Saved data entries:
* * * * * * *

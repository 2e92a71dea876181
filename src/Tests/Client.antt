-- ===== src/Tests/Client.antt =====
-- Runs of the client: a file of three lines, and two results of one query, one of them delivered twice.
use tp_distribuidos_moneylau.Prelude.{
  ℕ, ◌≡◌, ◌++◌, refl, Bool, true, Option, none, some, List, [], ◌∷◌, nat_eq, list_eq, pair_eq,
  arith, get_or, contains, flatten, lookup, insert, add,
}
use tp_distribuidos_moneylau.Prelude.Text.{Text, text}
use tp_distribuidos_moneylau.Prelude.Int.{pos}
use tp_distribuidos_moneylau.Gateway.Router.{Router}
use tp_distribuidos_moneylau.Gateway.Handler.{ClientHandler, started, handle_all}
use tp_distribuidos_moneylau.Client.Results.{
  Results, Received, query_result, query_end, ack, closed, open_result_files, handle_query_result,
  handle_each, is_complete, is_empty_text,
}
use tp_distribuidos_moneylau.Client.Results.Laws.{
  rows_delivered, results_delivered, handle_query_result_again, handle_each-rows_delivered,
}
use tp_distribuidos_moneylau.Client.Results.Total.{handle_each_total}
use tp_distribuidos_moneylau.Client.Results.Finalized.{handle_each-Finalizes}
use tp_distribuidos_moneylau.Client.Batches.{read_batches, transaction_messages}
use tp_distribuidos_moneylau.Client.Batches.Laws.{
  content, Filled, flatten-read_batches, read_batches-Filled,
}
use tp_distribuidos_moneylau.Client.Session.{Client, run}
use tp_distribuidos_moneylau.Client.Session.Sent.{InOrder}
use tp_distribuidos_moneylau.Client.Session.Laws.{run-acknowledged}
use tp_distribuidos_moneylau.Client.Stream.{receptions, announced, handle_all-transaction_messages}

abbrev items : List (Received ℕ)
items =
    query_result 1 (5 ∷ []) (text "m") 1
    ∷ query_result 1 (5 ∷ []) (text "m") 2
    ∷ query_end 1 (pos 1) 3
    ∷ []

abbrev empty : Results ℕ
empty = open_result_files (1 ∷ [])

abbrev results_of : Option (Results ℕ) → Results ℕ
results_of none = empty
results_of (some r) = r

abbrev results : Results ℕ
results = results_of (handle_each items empty)

handled : handle_each items empty ≡ some results
unfolding open_result_files handle_each lookup insert get_or contains add
handled = refl

handle_each-rows_delivered_example :
    (get_or 1 [] results.writers ≡ rows_delivered 1 [] items)
    × (get_or 1 0 results.received ≡ results_delivered 1 [] items)
handle_each-rows_delivered_example = handle_each-rows_delivered (1 ∷ []) 1 items handled

handle_each_total_example :
    (w : Results ℕ) × (handle_each items (open_result_files (1 ∷ [])) ≡ some w)
unfolding contains
handle_each_total_example = handle_each_total (1 ∷ []) items (refl, (refl, (refl, tt)))

completed : is_complete 1 results ≡ true
unfolding is_complete open_result_files handle_each lookup insert get_or contains add
completed = refl

handle_each-Finalizes_example : contains 1 results.finalized ≡ true
handle_each-Finalizes_example = handle_each-Finalizes (1 ∷ []) items handled 1 completed

abbrev pair_of : Option (Results ℕ × ℕ) → Results ℕ
pair_of none = empty
pair_of (some p) = p.0

abbrev first : Results ℕ
first = pair_of (handle_query_result 1 (5 ∷ []) (text "m") 1 empty)

stored : handle_query_result 1 (5 ∷ []) (text "m") 1 empty ≡ some (first, 1)
unfolding open_result_files handle_query_result lookup insert get_or contains add
stored = refl

handle_query_result_again_example :
    handle_query_result 1 (5 ∷ []) (text "m") 2 first ≡ some (first, 2)
unfolding is_empty_text
handle_query_result_again_example =
    handle_query_result_again 1 (5 ∷ []) (text "m") 1 2 empty refl stored

abbrev lines : List Text
lines = text "l1" ∷ [] ∷ text "l2" ∷ []

abbrev two_batches : List (List Text)
two_batches = (text "l1" ∷ []) ∷ (text "l2" ∷ []) ∷ []

batches_refl : read_batches 1 (text "h" ∷ lines) ≡ some two_batches
unfolding read_batches
batches_refl = refl

flatten-read_batches_example : flatten two_batches ≡ content lines
flatten-read_batches_example = flatten-read_batches 1 (text "h") lines batches_refl

read_batches-Filled_example : Filled 1 two_batches
read_batches-Filled_example = read_batches-Filled 1 (text "h" ∷ lines) (omega arith) batches_refl

abbrev new_client : Client ℕ
new_client = record {
  unsent = transaction_messages 0 two_batches;
  sent = [];
  acknowledged = [];
  result_acks = [];
  results = empty;
}

abbrev sessions : List (List (Received ℕ))
sessions = (ack ∷ closed ∷ []) ∷ (ack ∷ ack ∷ items) ∷ []

abbrev outcome_of : Option (Client ℕ × Bool) → Client ℕ
outcome_of none = new_client
outcome_of (some r) = r.0

abbrev after : Client ℕ
after = outcome_of (run (1 ∷ []) sessions new_client)

ran : run (1 ∷ []) sessions new_client ≡ some (after, true)
unfolding run open_result_files lookup insert get_or contains add transaction_messages
ran = refl

nothing_sent : InOrder new_client
unfolding transaction_messages
nothing_sent = record { log = []; again = 0; acknowledged = refl; sent = refl }

run-acknowledged_example :
    (after.acknowledged ++ after.unsent ≡ transaction_messages 0 two_batches) × InOrder after
run-acknowledged_example = run-acknowledged (1 ∷ []) sessions new_client nothing_sent ran

abbrev router : Router
router = record { transaction_rk = text "tx"; account_rk = text "acc" }

handle_all-transaction_messages_example :
    (h : ClientHandler ℕ) × (handle_all router
        (text "a")
        (receptions (transaction_messages 0 two_batches))
        started
      ≡ some h)
    × (h.forwarded ≡ announced (text "a") (text "tx") 0 two_batches)
handle_all-transaction_messages_example =
    handle_all-transaction_messages router (text "a") 0 two_batches started
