-- ===== src/Watchdog/Election.antt =====
-- src/watchdog/main.py: the bully election among the watchdogs, as one watchdog sees it. Its calls of
-- the health monitor, of the health responder and of the peer handlers are the effects of a step. The
-- clock is a number of ticks, read once by a step.
pub mod Laws
use tp_distribuidos_moneylau.Prelude.{
  ℕ, ◌+◌, ◌==◌, nat_eq, ltb, contains, Bool, true, false, not, Option, none, some, List, [], ◌∷◌,
  ◌++◌, map, if◌then◌else◌, ◌>>=◌,
}

pub record Config : Type 0 where
  pub watchdog_id : ℕ
  pub peers : List ℕ
  pub election_timeout : ℕ

pub data Role : Type 0 where
  follower leader : Role

pub data Phase : Type 0 where
  idle awaiting_answer awaiting_coordinator : Phase

-- ELECTION, ANSWER and COORDINATOR, each with the node id that it carries
pub data Message : Type 0 where
  election answer coordinator : ℕ → Message

pub data Effect : Type 0 where
  send : ℕ → Message → Effect
  monitor_start monitor_stop responder_start responder_stop : Effect

pub record Watchdog : Type 0 where
  pub role : Role
  pub leader_id : Option ℕ
  pub phase : Phase
  pub deadline : ℕ
  pub closed : Bool

-- what the queue of events hands to the loop: a message from a peer, the loss of a peer, and the
-- end of the wait
pub data Event : Type 0 where
  message : ℕ → Message → Event
  disconnect : ℕ → Event
  timeout : Event

-- `__init__`
abbrev pub initial : Watchdog
initial = record { role = follower; leader_id = none; phase = idle; deadline = 0; closed = false }

unfoldable pub filter_ids : (ℕ → Bool) → List ℕ → List ℕ
filter_ids p [] = []
filter_ids p (x ∷ xs) = if p x then x ∷ filter_ids p xs else filter_ids p xs

module _ (config : Config) where
  -- the keys of `self._peer_handlers`
  unfoldable pub handler_ids : List ℕ
  unfolding filter_ids
  handler_ids = filter_ids (λ id. not (id == config.watchdog_id)) config.peers

  unfoldable pub higher_peer_ids : List ℕ
  unfolding filter_ids
  higher_peer_ids = filter_ids (λ id. ltb config.watchdog_id id) config.peers

  unfoldable pub send_to_peers : List ℕ → Message → List Effect
  send_to_peers ids msg = map (λ id. send id msg) ids

  unfoldable pub broadcast_coordinator : List Effect
  unfolding send_to_peers handler_ids
  broadcast_coordinator = send_to_peers handler_ids (coordinator config.watchdog_id)

  -- `_become_role(LEADER)`
  unfoldable pub become_leader : Watchdog → Watchdog × List Effect
  unfolding broadcast_coordinator
  become_leader w = (
    record w { role = leader; leader_id = some config.watchdog_id; phase = idle },
    broadcast_coordinator ++ monitor_start ∷ responder_stop ∷ [],
  )

  -- `_become_role(FOLLOWER, leader_id)`
  unfoldable pub become_follower : ℕ → Watchdog → Watchdog × List Effect
  become_follower leader_id w = (
    record w { role = follower; leader_id = some leader_id; phase = idle },
    monitor_stop ∷ responder_start ∷ [],
  )

  unfoldable pub enter_phase : Phase → ℕ → Watchdog → Watchdog
  enter_phase phase now w = record w { phase = phase; deadline = now + config.election_timeout }

  unfoldable pub start_election : ℕ → Watchdog → Watchdog × List Effect
  unfolding higher_peer_ids become_leader send_to_peers enter_phase
  start_election now w = if w.closed then (w, []) else elim higher_peer_ids [
    | [] ↦ become_leader (record w { leader_id = none })
    | id ∷ ids ↦ (
      enter_phase awaiting_answer now (record w { leader_id = none }),
      send_to_peers (id ∷ ids) (election config.watchdog_id),
    )
  ]

  unfoldable pub handle_election_timeout : ℕ → Watchdog → Watchdog × List Effect
  unfolding become_leader start_election
  handle_election_timeout now w = elim w.phase [
    | idle ↦ (w, [])
    | awaiting_answer ↦ become_leader w
    | awaiting_coordinator ↦ start_election now w
  ]

  -- the answer goes to a peer that has a handler: none is the KeyError of any other
  unfoldable pub handle_election_message : ℕ → ℕ → Watchdog → Option (Watchdog × List Effect)
  unfolding handler_ids broadcast_coordinator start_election
  handle_election_message now peer_id w =
      if contains peer_id handler_ids
      then (let reply = send peer_id (answer config.watchdog_id) in
          elim w.role [
            | leader ↦ some (w, reply ∷ broadcast_coordinator)
            | follower ↦ let (w', effects) = start_election now w in some (w', reply ∷ effects)
          ])
      else none

  unfoldable pub handle_coordinator_message : ℕ → ℕ → Watchdog → Watchdog × List Effect
  unfolding start_election become_follower
  handle_coordinator_message now leader_id w =
      if ltb leader_id config.watchdog_id then start_election now w else become_follower leader_id w

  unfoldable pub handle_answer_message : ℕ → Watchdog → Watchdog
  unfolding enter_phase
  handle_answer_message now w = elim w.phase [
    | idle ↦ w
    | awaiting_answer ↦ enter_phase awaiting_coordinator now w
    | awaiting_coordinator ↦ w
  ]

  unfoldable pub handle_message : ℕ → ℕ → Message → Watchdog → Option (Watchdog × List Effect)
  unfolding handle_election_message handle_answer_message handle_coordinator_message
  handle_message now peer_id (election _) w = handle_election_message now peer_id w
  handle_message now peer_id (answer _) w = some (handle_answer_message now w, [])
  handle_message now peer_id (coordinator node_id) w =
      some (handle_coordinator_message now node_id w)

  unfoldable pub handle_disconnect : ℕ → ℕ → Watchdog → Watchdog × List Effect
  unfolding start_election
  handle_disconnect now peer_id w = elim w.leader_id [
    | none ↦ (w, [])
    | some id ↦ if peer_id == id then start_election now w else (w, [])
  ]

  -- one turn of `_event_loop`
  unfoldable pub handle_event : ℕ → Event → Watchdog → Option (Watchdog × List Effect)
  unfolding handle_message handle_disconnect handle_election_timeout
  handle_event now (message peer_id msg) w = handle_message now peer_id msg w
  handle_event now (disconnect peer_id) w = some (handle_disconnect now peer_id w)
  handle_event now timeout w = some (handle_election_timeout now w)

  -- the turns of `_event_loop`, each with the time at which it runs
  unfoldable pub handle_events : List (ℕ × Event) → Watchdog → Option (Watchdog × List Effect)
  unfolding handle_event
  handle_events [] w = some (w, [])
  handle_events ((now, event) ∷ events) w = do
    (w', effects) ← handle_event now event w
    (w'', more) ← handle_events events w'
    some (w'', effects ++ more)

  -- `_event_loop`
  unfoldable pub event_loop : ℕ → List (ℕ × Event) → Option (Watchdog × List Effect)
  unfolding start_election handle_events
  event_loop now events =
      let (w, effects) = start_election now initial in
      do (w', more) ← handle_events events w; some (w', effects ++ more)
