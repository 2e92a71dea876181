-- ===== src/Watchdog/Election/Laws.antt =====
-- Laws about the state of a watchdog in the election (src/watchdog/main.py).
use tp_distribuidos_moneylau.Prelude.{
  ℕ, ◌≤◌, ◌==◌, nat_eq, ltb, false, Option, none, some, List, [], ◌∷◌, ◌≡◌, ◌≢◌, refl, arith, ◌⊎◌,
  inl, inr, Option-cases, Bool-cases,
}
use tp_distribuidos_moneylau.Watchdog.Election.{
  Config, Role, follower, leader, Phase, idle, awaiting_answer, awaiting_coordinator, election,
  answer, coordinator, Effect, Watchdog, initial, Event, message, disconnect, timeout,
  higher_peer_ids, become_follower, start_election, handle_election_timeout,
  handle_election_message, handle_coordinator_message, handle_answer_message, handle_disconnect,
  handle_event, handle_events, event_loop,
}

List-cases : (xs : List ℕ) → (xs ≡ []) ⊎ ((y : ℕ) × (ys : List ℕ) × (xs ≡ y ∷ ys))
List-cases [] = inl refl
List-cases (x ∷ xs) = inr (x, xs, refl)

Phase-cases : (p : Phase) → (p ≡ idle) ⊎ (p ≡ awaiting_answer) ⊎ (p ≡ awaiting_coordinator)
Phase-cases idle = inl refl
Phase-cases awaiting_answer = inr (inl refl)
Phase-cases awaiting_coordinator = inr (inr refl)

Role-cases : (r : Role) → (r ≡ follower) ⊎ (r ≡ leader)
Role-cases follower = inl refl
Role-cases leader = inr refl

module _ (config : Config) where
  -- An idle watchdog knows its leader: itself if it leads, and nobody with a lower id if it
  -- follows. A watchdog in an election knows none and has a peer with a higher id.
  abbrev pub Knows : Role → Phase → Option ℕ → Type 0
  Knows leader idle l = l ≡ some config.watchdog_id
  Knows follower idle l = (id : ℕ) × (l ≡ some id) × (config.watchdog_id ≤ id)
  Knows r awaiting_answer l = (l ≡ none) × (higher_peer_ids config ≢ [])
  Knows r awaiting_coordinator l = (l ≡ none) × (higher_peer_ids config ≢ [])

  pub record IsConsistent (w : Watchdog) : Type 0 where
    pub running : w.closed ≡ false
    pub knows : Knows w.role w.phase w.leader_id

  start_election-IsConsistent :
      (now : ℕ) (w : Watchdog) → w.closed ≡ false → IsConsistent (start_election config now w).0
  unfolding start_election
  start_election-IsConsistent now w running = elim (List-cases (higher_peer_ids config)) [
    | inl alone ↦ rw (running, alone) (record { running = running; knows = refl })
    | inr (id, ids, e) ↦ rw (running, e) (record { running = running; knows = (refl, λ x. cc) })
  ]

  follower-IsConsistent :
      (id : ℕ) (w : Watchdog)
      → ltb id config.watchdog_id ≡ false
      → w.closed ≡ false
      → IsConsistent (become_follower config id w).0
  unfolding become_follower
  follower-IsConsistent id w up running = record {
    running = running;
    knows = (id, refl, ground arith);
  }

  coordinator-IsConsistent :
      (now id : ℕ) (w : Watchdog)
      → w.closed ≡ false
      → IsConsistent (handle_coordinator_message config now id w).0
  unfolding handle_coordinator_message
  coordinator-IsConsistent now id w running = elim (Bool-cases (ltb id config.watchdog_id)) [
    | inl lower ↦ rw lower (start_election-IsConsistent now w running)
    | inr up ↦ rw up (follower-IsConsistent id w up running)
  ]

  timeout-IsConsistent :
      (now : ℕ) (w : Watchdog)
      → IsConsistent w
      → IsConsistent (handle_election_timeout config now w).0
  unfolding handle_election_timeout
  timeout-IsConsistent now w c = elim (Phase-cases w.phase) [
    | inl p ↦ let same : (handle_election_timeout config now w).0 ≡ w = rw p refl in rw same c
    | inr (inl p) ↦ rw p (record { running = c.running; knows = refl })
    | inr (inr p) ↦
        rw p (start_election-IsConsistent now (record w { phase = awaiting_coordinator }) c.running)
  ]

  answer-IsConsistent :
      (now : ℕ) (w : Watchdog) → IsConsistent w → IsConsistent (handle_answer_message config now w)
  unfolding handle_answer_message
  answer-IsConsistent now w c = elim (Phase-cases w.phase) [
    | inl p ↦ let same : handle_answer_message config now w ≡ w = rw p refl in rw same c
    | inr (inl p) ↦ rw p (record { running = c.running; knows = rw p at (c.knows) })
    | inr (inr p) ↦ let same : handle_answer_message config now w ≡ w = rw p refl in rw same c
  ]

  disconnect-IsConsistent :
      (now peer_id : ℕ) (w : Watchdog)
      → IsConsistent w
      → IsConsistent (handle_disconnect config now peer_id w).0
  unfolding handle_disconnect
  disconnect-IsConsistent now peer_id w c = elim (Option-cases w.leader_id) [
    | inl n ↦ let same : (handle_disconnect config now peer_id w).0 ≡ w = rw n refl in rw same c
    | inr (id, e) ↦ elim (Bool-cases (peer_id == id)) [
      | inl same ↦
          rw (e, same)
            (start_election-IsConsistent now (record w { leader_id = some id }) c.running)
      | inr other ↦
          let same : (handle_disconnect config now peer_id w).0 ≡ w = rw (e, other) refl in
          rw same c
    ]
  ]

  election-IsConsistent :
      (now peer_id : ℕ) (w : Watchdog) {r : _}
      → IsConsistent w
      → handle_election_message config now peer_id w ≡ some r
      → IsConsistent (r.0)
  unfolding handle_election_message
  election-IsConsistent now peer_id w {r} c e = elim (Role-cases w.role) [
    | inl p ↦
        let same : (start_election config now w).0 ≡ r.0 = ground arith in
        rw (← same) (start_election-IsConsistent now w c.running)
    | inr p ↦ let same : w ≡ r.0 = ground arith in rw (← same) c
  ]

  -- Every event keeps it.
  handle_event-IsConsistent :
      (now : ℕ) (event : Event) (w : Watchdog) {r : _}
      → IsConsistent w
      → handle_event config now event w ≡ some r
      → IsConsistent (r.0)
  unfolding handle_event
  handle_event-IsConsistent now (message peer_id (election _)) w {r} c e =
      election-IsConsistent now peer_id w {r = r} c e
  handle_event-IsConsistent now (message peer_id (answer _)) w {r} c e =
      let same : handle_answer_message config now w ≡ r.0 = cc in
      rw (← same) (answer-IsConsistent now w c)
  handle_event-IsConsistent now (message peer_id (coordinator id)) w {r} c e =
      let same : handle_coordinator_message config now id w ≡ r = cc in
      rw (← same) (coordinator-IsConsistent now id w c.running)
  handle_event-IsConsistent now (disconnect peer_id) w {r} c e =
      let same : handle_disconnect config now peer_id w ≡ r = cc in
      rw (← same) (disconnect-IsConsistent now peer_id w c)
  handle_event-IsConsistent now timeout w {r} c e =
      let same : handle_election_timeout config now w ≡ r = cc in
      rw (← same) (timeout-IsConsistent now w c)

  handle_events-IsConsistent :
      (events : List (ℕ × Event)) (w : Watchdog) {r : _}
      → IsConsistent w
      → handle_events config events w ≡ some r
      → IsConsistent (r.0)
  unfolding handle_events
  handle_events-IsConsistent [] w {r} c e = let same : (w, []) ≡ r = cc in rw (← same) c
  handle_events-IsConsistent ((now, event) ∷ events) w {r} c e =
      elim (Option-cases (handle_event config now event w)) [
        | inl failed ↦ let e' = rw failed at e in cc
        | inr (first, done) ↦ elim (Option-cases (handle_events config events (first.0))) [
          | inl failed ↦ let e' = rw (done, failed) at e in cc
          | inr (last, more) ↦
              let same : last.0 ≡ r.0 = let e' = rw (done, more) at e in ground arith in
              rw (← same) (
                handle_events-IsConsistent events (first.0) {r = last}
                  (handle_event-IsConsistent now event w {r = first} c done) more)
        ]
      ]

  -- After any events from the start of its loop on, a watchdog that is in no election knows a
  -- leader, which is itself if it leads and has no lower id than its own if it follows; one that
  -- is in an election knows no leader and has a peer with a higher id.
  pub event_loop-IsConsistent :
      (now : ℕ) (events : List (ℕ × Event)) {r : _}
      → event_loop config now events ≡ some r
      → IsConsistent (r.0)
  unfolding event_loop
  event_loop-IsConsistent now events {r} e =
      let begun = start_election config now initial in
      elim (Option-cases (handle_events config events (begun.0))) [
        | inl failed ↦ let e' = rw failed at e in cc
        | inr (last, more) ↦
            let same : last.0 ≡ r.0 = let e' = rw more at e in ground arith in
            rw (← same) (
              handle_events-IsConsistent events (begun.0) {r = last}
                (start_election-IsConsistent now initial refl) more)
      ]

  -- Two timeouts in a row make a watchdog that is in an election, and in a state as the loop
  -- reaches it, lead: it is then in no election and knows itself as the leader.
  pub election-ends :
      (now later : ℕ) (w : Watchdog)
      → IsConsistent w
      → w.phase ≢ idle
      → (w' : Watchdog) × (effects : List Effect) × (handle_events config
            ((now, timeout) ∷ (later, timeout) ∷ [])
            w
          ≡ some (w', effects))
        × (w'.role ≡ leader)
        × (w'.phase ≡ idle)
        × (w'.leader_id ≡ some config.watchdog_id)
  unfolding handle_events
  election-ends now later w c busy = elim (Phase-cases w.phase) [
    | inl p ↦ absurd (busy p)
    | inr (inl p) ↦ rw p (_, _, refl, refl, refl, refl)
    | inr (inr p) ↦ elim (List-cases (higher_peer_ids config)) [
      | inl alone ↦ let k = rw p at (c.knows) in absurd (k.1 alone)
      | inr (id, ids, e) ↦ rw (p, c.running, e) (_, _, refl, refl, refl, refl)
    ]
  ]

* * * * * * *

The lines above, starting at the one with "(events : List (ℕ × Event)) (w" and ending at the one with "handle_events-IsConsistent ((now, event)", are the only ones to return, exactly as written.

**SOLUTION FOR THIS PROBLEM**
      (events : List (ℕ × Event)) (w : Watchdog) {r : _}
      → IsConsistent w
      → handle_events config events w ≡ some r
      → IsConsistent (r.0)
  unfolding handle_events
  handle_events-IsConsistent [] w {r} c e = let same : (w, []) ≡ r = cc in rw (← same) c
  handle_events-IsConsistent ((now, event) ∷ events) w {r} c e =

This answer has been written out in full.